We have always advocated for people to go online to a group space to start their conversation. But no-one is motivated to shift context. They already hang out where they do doing other types of communication, they don’t want to go elsewhere. And more importantly we cannot always clairvoyantly have a pre-defined group space for the type of thing someone wants to communicate. And no-one is about to create a forum and send invites and wait for people to subscribe so finally they can say something…that’s ludicrous.
 
Spontaneous and adhoc conversations is basically what we do in email most of the day ie. something happens or I have to do something, I kick off an email to someone. Soon enough that gets kicked around and some more people are in on the conversation (yes of course there are parallel conversations happening…this is indeed the weakness of email). As you can see the group of people evolve as the conversation grows, previously we simply didn’t know who’d be involved. And the email conversation itself ends up being the group space.

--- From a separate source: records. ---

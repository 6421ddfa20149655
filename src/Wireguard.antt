-- ===== src/Wireguard.antt =====
-- internal/wireguard/wireguard.go: `addPeer`, `removePeer` and the peers that are active. The
-- kernel, the key parser, the resolver and the choice of a free port are parameters.
pub mod Address
pub mod Peers
pub mod Manager
pub mod Calls
pub mod Complete
pub mod Devices
pub mod Plan
pub mod Safe
pub mod SetUp
mod Tests
use mesh_manager.Common.{
  ℕ, zero, suc, ◌+◌, ◌%◌, ◌≡◌, Bool, true, false, not, ◌&&◌, ◌||◌, List, [], ◌∷◌, ◌++◌, Option,
  none, some, ltb, ◌==◌, if◌then◌else◌, Bytes, codes, equal, any, length, take, drop, split, ℤ,
  parse_int,
}
use mesh_manager.Net.{Ip4, Ip, v4, v6, to4, parse_ip}
use mesh_manager.Models.{Tunnel, interface_name, is_server}

-- A call that changes the kernel.
pub record Endpoint : Type 0 where
  pub host : Bytes
  pub port : ℤ

pub record Device : Type 0 where
  pub private_key : Bytes
  pub listen_port : ℕ
  pub peer_key : Bytes
  pub endpoint : Option Endpoint

pub data Call : Type 0 where
  link_add link_set_up link_set_down link_del : Bytes → Call
  addr_replace : Bytes → Option Ip → Call
  addr_add : Bytes → Bytes → Call
  configure_device : Bytes → Device → Call
  rule_add : Bytes → ℕ → ℕ → Call

-- What `AddrList` gives: the IPv6 addresses, those read before the dump was
-- interrupted, or another error.
pub data Addrs : Type 0 where
  addrs_are : List Bytes → Addrs
  interrupted : List Bytes → Addrs
  addrs_failed : Addrs

-- The kernel behind `netlink` and `wgctrl`: a call fails and changes nothing, or gives a new state.
-- A link that is there is up or not.
pub record Kernel : Type 1 where
  pub State : Type 0
  pub perform : State → Call → Option State
  pub link_by_name : State → Bytes → Option Bool
  pub addr_list : State → Bytes → ℕ → Addrs

-- The rest of the outside: `rand.Read`, the reader of IPv6 texts, `wgtypes.ParseKey`,
-- `freeport.GetPort`, which panics when there is no port, and the resolver.
pub record World : Type 0 where
  pub random : ℕ → Bool
  pub parse_v6 : Bytes → Option Bytes
  pub parse_key : Bytes → Option Bytes
  pub free_port : Option ℕ
  pub resolve : Bytes → Option (List Bytes)

-- A run ends well, gives up after an error, or panics; the kernel keeps what was done.
pub data Run (S A : Type 0) : Type 0 where
  done : S → A → Run S A
  stopped : S → Run S A
  crashed : S → Run S A

-- The client's address: one above the server's, with the carries of `addPeer`.
abbrev byte_suc : ℕ → ℕ
byte_suc n = (n + 1) % 256

unfoldable pub client_ip : Ip4 → Ip4
client_ip q =
    if byte_suc q.o3 == 0
    then if byte_suc q.o2 == 0
      then if byte_suc q.o1 == 0
        then record { o0 = byte_suc q.o0; o1 = 0; o2 = 0; o3 = 1 }
        else record q { o1 = byte_suc q.o1; o2 = 0; o3 = 1 }
      else record q { o2 = byte_suc q.o2; o3 = 1 }
    else record q { o3 = byte_suc q.o3 }

-- internal/utils/ip.go, `GenerateIPv6LinkLocalAddress`, as its 16 bytes.
unfoldable pub link_local : Ip4 → Bytes
link_local q =
    0xfe ∷ 0x80 ∷ 0 ∷ 0 ∷ 0 ∷ 0 ∷ 0 ∷ 0 ∷ 2 ∷ 0 ∷ q.o0 ∷ 0xff ∷ 0xfe ∷ q.o1 ∷ q.o2 ∷ q.o3 ∷ []

-- The routing rules: priority and table.
abbrev pub rules : List (ℕ × ℕ)
rules = (10, 29) ∷ (20, 20) ∷ (30, 21) ∷ (50, 28) ∷ (60, 22) ∷ (70, 99) ∷ []

-- A step on the state `S`, and how steps follow each other.
abbrev pub M : Type 0 → Type 0 → Type 0
M S A = S → Run S A

module _ {S : Type 0} where
  infixl 5 ◌>>=◌ ◌>>◌
  abbrev pub ◌>>=◌ : {A B : Type 0} → M S A → (A → M S B) → M S B
  ◌>>=◌ m f s = elim (m s) [
    | done s' a ↦ f a s'
    | stopped s' ↦ stopped s'
    | crashed s' ↦ crashed s'
  ]

  abbrev pub ◌>>◌ : {B : Type 0} → M S (Unit {0}) → M S B → M S B
  m >> n = m >>= λ _. n

  abbrev pub return : {A : Type 0} → A → M S A
  return a s = done s a

  abbrev pub give_up : {A : Type 0} → M S A
  give_up s = stopped s

  abbrev pub crash : {A : Type 0} → M S A
  crash s = crashed s

  -- The value of a call that panics without one.
  abbrev pub must : {A : Type 0} → Option A → M S A
  must none = crash
  must (some a) = return a

  -- A value that has to be there.
  abbrev pub need : {A : Type 0} → Option A → M S A
  need none = give_up
  need (some a) = return a

  abbrev pub skip : M S (Unit {0})
  skip = return tt

-- A call whose error is logged before `addPeer` returns.
abbrev pub call : (k : Kernel) → Call → M k.State (Unit {0})
call k c s = elim (k.perform s c) [ none ↦ stopped s | some s' ↦ done s' tt ]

This is very organic and intune with our we behave and action stuff.
 
This is why group spaces have been good for interest groups, or pre-defined tasks, but not those many informal tasks or things we do everyday at work…which later on can even become the precursor to more defined task.
 
Anyway nowadays we can use enterprise microblogging, which is an open version of this email type collaboration…only neater ie. threaded with a history of the conversation. Just like people can be forwarded or included as the email conversation progresses, the same can happen with @mentioning online. Using G+ as public posts and @mentions is a perfect example of this…using it this way is exactly like Twitter, only now you get threaded conversations and notifications if you have previously left a comment.
 
People may be happy to do this sort of thing online, but might not like the visibility of it. They may ask if we can do this online in a private way. In addition to being shy, they may also not want others to see this type of conversation online as it’s of very low use for anyone else…ambient awareness does have its limits in being noise.
 
So there you have it G+ can be used for neat and open multi-people conversations, both in a public way, and a private invite type way (that resembles email) 
 
What I like about this is that people can still resume their private email type behaviours, but only online…and they will like the neatness of it and that it’s documented…that’s level 1. Once they get used to this, hopefully they may then open up the conversations in a "public" way…and all of a sudden you have Twitter-type ambient awareness in the enterprise…that’s level 2.
 
Here’s my findings…I did a little test in Google Plus with this result (this is a modified excerpt):
 
"There is no G+ private message feature. Instead just post as regular and @mention one person or even a few…make sure you don’t choose any circles or public.
 
Then go to your profile and type the name of the person you @mentioned in ""View profile as"…voila, you will see your post. Now do the same thing for a person that you follow but you did not @mention…voila you will not see your post
 
Therefore there is no explicit private message feature, instead you just post as usual, but @mention the person and don’t choose public or any circles.
 
Note how this is not a wall posting feature; it’s more leaning to a way to do private messaging.
 
From here both the author of the post and the commenter can @mention to invite people into the conversation.
 
Of course you only get notifications if you authored the post, or have already left a comment…or if someone @mentions you
 
NOTE: The weird thing is that when I view my profile as the person who was @mentioned by the person I initially @mentioned, then the post does not display…something is inconsistent here. But when speaking to this person they are indeed seeing the conversation and commenting.
 
Anyway, this functionality is just like email collaboration but only not as messy, and it’s documented…finally a way to do spontaneous private group collaboration (but the group is not defined up front, it instead evolves). This sort of thing happens in email, but it’s so clunky that we complain all the time
 
This functionality is not like private messaging, as PM is only one to one (not even the sender can invite others into the PM)
 
NOTE: The closest G+ has to a wall posting feature is if you @mention someone but also include Extended Circles (which means all people you follow and some people in the mentioned people’s circles will also see it)
 
Louis Richardson calls these types of email conversations "spools":
 
"I’ve seen email threads that should have been called spools. Someone asks you to do something. It’s going to involve a number of people. You add their names and respond. They individually respond and add others as they see necessary. If this goes like most, soon you have an email snowball that has engulfed anyone close enough to get pulled into it’s gravitation field. Stop the insanity…go social.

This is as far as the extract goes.